Your task: Below are entries. Copy exactly the lines running from the line that holds "unfolding route_read" to the line that holds "pack-Keeps rpub (returned ([], t))", with both ends included.

Provided records:
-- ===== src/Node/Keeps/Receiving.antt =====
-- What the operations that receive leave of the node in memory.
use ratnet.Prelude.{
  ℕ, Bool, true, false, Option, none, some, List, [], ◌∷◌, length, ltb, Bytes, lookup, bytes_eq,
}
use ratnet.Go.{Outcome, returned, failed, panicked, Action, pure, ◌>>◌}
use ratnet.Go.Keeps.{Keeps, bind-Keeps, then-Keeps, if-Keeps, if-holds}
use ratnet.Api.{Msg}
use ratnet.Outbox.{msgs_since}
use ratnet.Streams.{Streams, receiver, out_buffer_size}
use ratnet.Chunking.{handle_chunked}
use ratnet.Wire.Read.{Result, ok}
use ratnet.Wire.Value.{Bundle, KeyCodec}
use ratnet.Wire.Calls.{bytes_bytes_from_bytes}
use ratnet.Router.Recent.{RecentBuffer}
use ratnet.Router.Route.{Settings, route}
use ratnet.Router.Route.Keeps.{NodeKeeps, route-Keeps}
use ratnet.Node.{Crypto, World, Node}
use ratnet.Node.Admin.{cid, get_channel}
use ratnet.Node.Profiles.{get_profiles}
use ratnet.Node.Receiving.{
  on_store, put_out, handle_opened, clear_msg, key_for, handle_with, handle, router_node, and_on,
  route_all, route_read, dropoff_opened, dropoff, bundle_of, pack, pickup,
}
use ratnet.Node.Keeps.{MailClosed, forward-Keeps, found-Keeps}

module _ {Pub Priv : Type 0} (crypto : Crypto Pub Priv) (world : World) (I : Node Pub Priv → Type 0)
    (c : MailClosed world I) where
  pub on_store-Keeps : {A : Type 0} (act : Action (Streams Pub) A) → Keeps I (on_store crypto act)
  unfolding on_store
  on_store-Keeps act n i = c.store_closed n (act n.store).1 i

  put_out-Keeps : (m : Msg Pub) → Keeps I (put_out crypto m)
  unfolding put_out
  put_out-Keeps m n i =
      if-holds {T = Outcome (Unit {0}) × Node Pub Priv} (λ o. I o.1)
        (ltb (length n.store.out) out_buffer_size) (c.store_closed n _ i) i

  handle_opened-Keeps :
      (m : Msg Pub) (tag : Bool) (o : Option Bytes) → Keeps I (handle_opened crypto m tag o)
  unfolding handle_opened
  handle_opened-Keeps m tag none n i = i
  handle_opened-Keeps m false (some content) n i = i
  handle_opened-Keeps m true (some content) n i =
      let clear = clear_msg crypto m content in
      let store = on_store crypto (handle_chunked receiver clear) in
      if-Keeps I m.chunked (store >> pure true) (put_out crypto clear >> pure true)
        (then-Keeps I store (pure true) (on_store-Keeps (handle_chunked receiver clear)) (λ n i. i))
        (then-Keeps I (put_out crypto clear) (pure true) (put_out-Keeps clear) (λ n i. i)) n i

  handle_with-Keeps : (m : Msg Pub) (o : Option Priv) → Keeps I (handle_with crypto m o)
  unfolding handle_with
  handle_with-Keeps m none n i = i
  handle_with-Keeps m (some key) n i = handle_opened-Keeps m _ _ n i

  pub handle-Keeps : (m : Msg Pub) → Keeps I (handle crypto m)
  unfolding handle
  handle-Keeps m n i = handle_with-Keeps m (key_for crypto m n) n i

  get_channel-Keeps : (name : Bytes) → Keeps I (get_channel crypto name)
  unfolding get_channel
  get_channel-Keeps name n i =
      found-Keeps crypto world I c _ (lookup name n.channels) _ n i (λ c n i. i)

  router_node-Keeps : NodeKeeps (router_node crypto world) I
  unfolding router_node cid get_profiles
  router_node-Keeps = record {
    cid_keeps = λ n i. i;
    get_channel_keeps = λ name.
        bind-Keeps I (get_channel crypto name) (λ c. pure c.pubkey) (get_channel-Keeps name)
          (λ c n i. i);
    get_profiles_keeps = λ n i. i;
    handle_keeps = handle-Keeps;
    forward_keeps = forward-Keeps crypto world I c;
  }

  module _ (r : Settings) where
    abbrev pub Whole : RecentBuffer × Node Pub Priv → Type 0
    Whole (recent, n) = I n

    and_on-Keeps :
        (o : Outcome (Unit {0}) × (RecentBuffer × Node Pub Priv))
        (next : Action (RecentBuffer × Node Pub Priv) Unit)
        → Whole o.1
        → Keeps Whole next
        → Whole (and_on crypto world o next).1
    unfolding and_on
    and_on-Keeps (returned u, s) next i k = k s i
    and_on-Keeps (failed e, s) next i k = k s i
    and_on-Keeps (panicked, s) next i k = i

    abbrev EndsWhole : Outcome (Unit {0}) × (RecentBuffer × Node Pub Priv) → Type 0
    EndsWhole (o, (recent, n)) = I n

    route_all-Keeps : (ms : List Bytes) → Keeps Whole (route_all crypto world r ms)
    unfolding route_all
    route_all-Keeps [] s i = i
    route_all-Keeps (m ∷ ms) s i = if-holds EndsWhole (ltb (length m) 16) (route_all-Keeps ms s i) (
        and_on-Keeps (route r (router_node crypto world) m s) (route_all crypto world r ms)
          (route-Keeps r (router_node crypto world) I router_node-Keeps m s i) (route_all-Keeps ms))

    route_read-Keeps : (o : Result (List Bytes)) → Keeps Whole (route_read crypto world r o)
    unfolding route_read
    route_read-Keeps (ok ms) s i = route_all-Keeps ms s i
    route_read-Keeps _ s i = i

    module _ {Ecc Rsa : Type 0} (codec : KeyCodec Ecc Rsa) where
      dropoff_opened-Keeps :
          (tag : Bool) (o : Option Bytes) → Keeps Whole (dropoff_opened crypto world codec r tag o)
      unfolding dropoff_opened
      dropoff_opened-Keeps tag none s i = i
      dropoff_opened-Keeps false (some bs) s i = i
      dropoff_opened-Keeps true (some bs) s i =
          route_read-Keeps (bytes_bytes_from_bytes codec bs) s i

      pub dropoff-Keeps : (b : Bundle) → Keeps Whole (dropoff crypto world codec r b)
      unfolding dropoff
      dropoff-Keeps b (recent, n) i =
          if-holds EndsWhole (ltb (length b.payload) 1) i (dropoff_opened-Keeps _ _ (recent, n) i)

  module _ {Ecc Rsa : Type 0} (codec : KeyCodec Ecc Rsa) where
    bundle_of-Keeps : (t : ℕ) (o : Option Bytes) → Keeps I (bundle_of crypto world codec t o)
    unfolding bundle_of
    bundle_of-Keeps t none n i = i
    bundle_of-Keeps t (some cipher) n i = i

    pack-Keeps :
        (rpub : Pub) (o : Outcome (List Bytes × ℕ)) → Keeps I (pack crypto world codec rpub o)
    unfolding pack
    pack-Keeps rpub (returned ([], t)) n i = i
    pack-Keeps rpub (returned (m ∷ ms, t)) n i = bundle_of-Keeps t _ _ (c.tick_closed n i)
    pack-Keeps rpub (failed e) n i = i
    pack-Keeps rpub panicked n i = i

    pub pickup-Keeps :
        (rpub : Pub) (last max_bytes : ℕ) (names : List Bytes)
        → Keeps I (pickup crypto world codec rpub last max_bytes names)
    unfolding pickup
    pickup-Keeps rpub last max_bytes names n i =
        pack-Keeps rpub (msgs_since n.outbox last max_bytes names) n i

Solution below:
    unfolding route_read
    route_read-Keeps (ok ms) s i = route_all-Keeps ms s i
    route_read-Keeps _ s i = i

    module _ {Ecc Rsa : Type 0} (codec : KeyCodec Ecc Rsa) where
      dropoff_opened-Keeps :
          (tag : Bool) (o : Option Bytes) → Keeps Whole (dropoff_opened crypto world codec r tag o)
      unfolding dropoff_opened
      dropoff_opened-Keeps tag none s i = i
      dropoff_opened-Keeps false (some bs) s i = i
      dropoff_opened-Keeps true (some bs) s i =
          route_read-Keeps (bytes_bytes_from_bytes codec bs) s i

      pub dropoff-Keeps : (b : Bundle) → Keeps Whole (dropoff crypto world codec r b)
      unfolding dropoff
      dropoff-Keeps b (recent, n) i =
          if-holds EndsWhole (ltb (length b.payload) 1) i (dropoff_opened-Keeps _ _ (recent, n) i)

  module _ {Ecc Rsa : Type 0} (codec : KeyCodec Ecc Rsa) where
    bundle_of-Keeps : (t : ℕ) (o : Option Bytes) → Keeps I (bundle_of crypto world codec t o)
    unfolding bundle_of
    bundle_of-Keeps t none n i = i
    bundle_of-Keeps t (some cipher) n i = i

    pack-Keeps :
        (rpub : Pub) (o : Outcome (List Bytes × ℕ)) → Keeps I (pack crypto world codec rpub o)
    unfolding pack
    pack-Keeps rpub (returned ([], t)) n i = i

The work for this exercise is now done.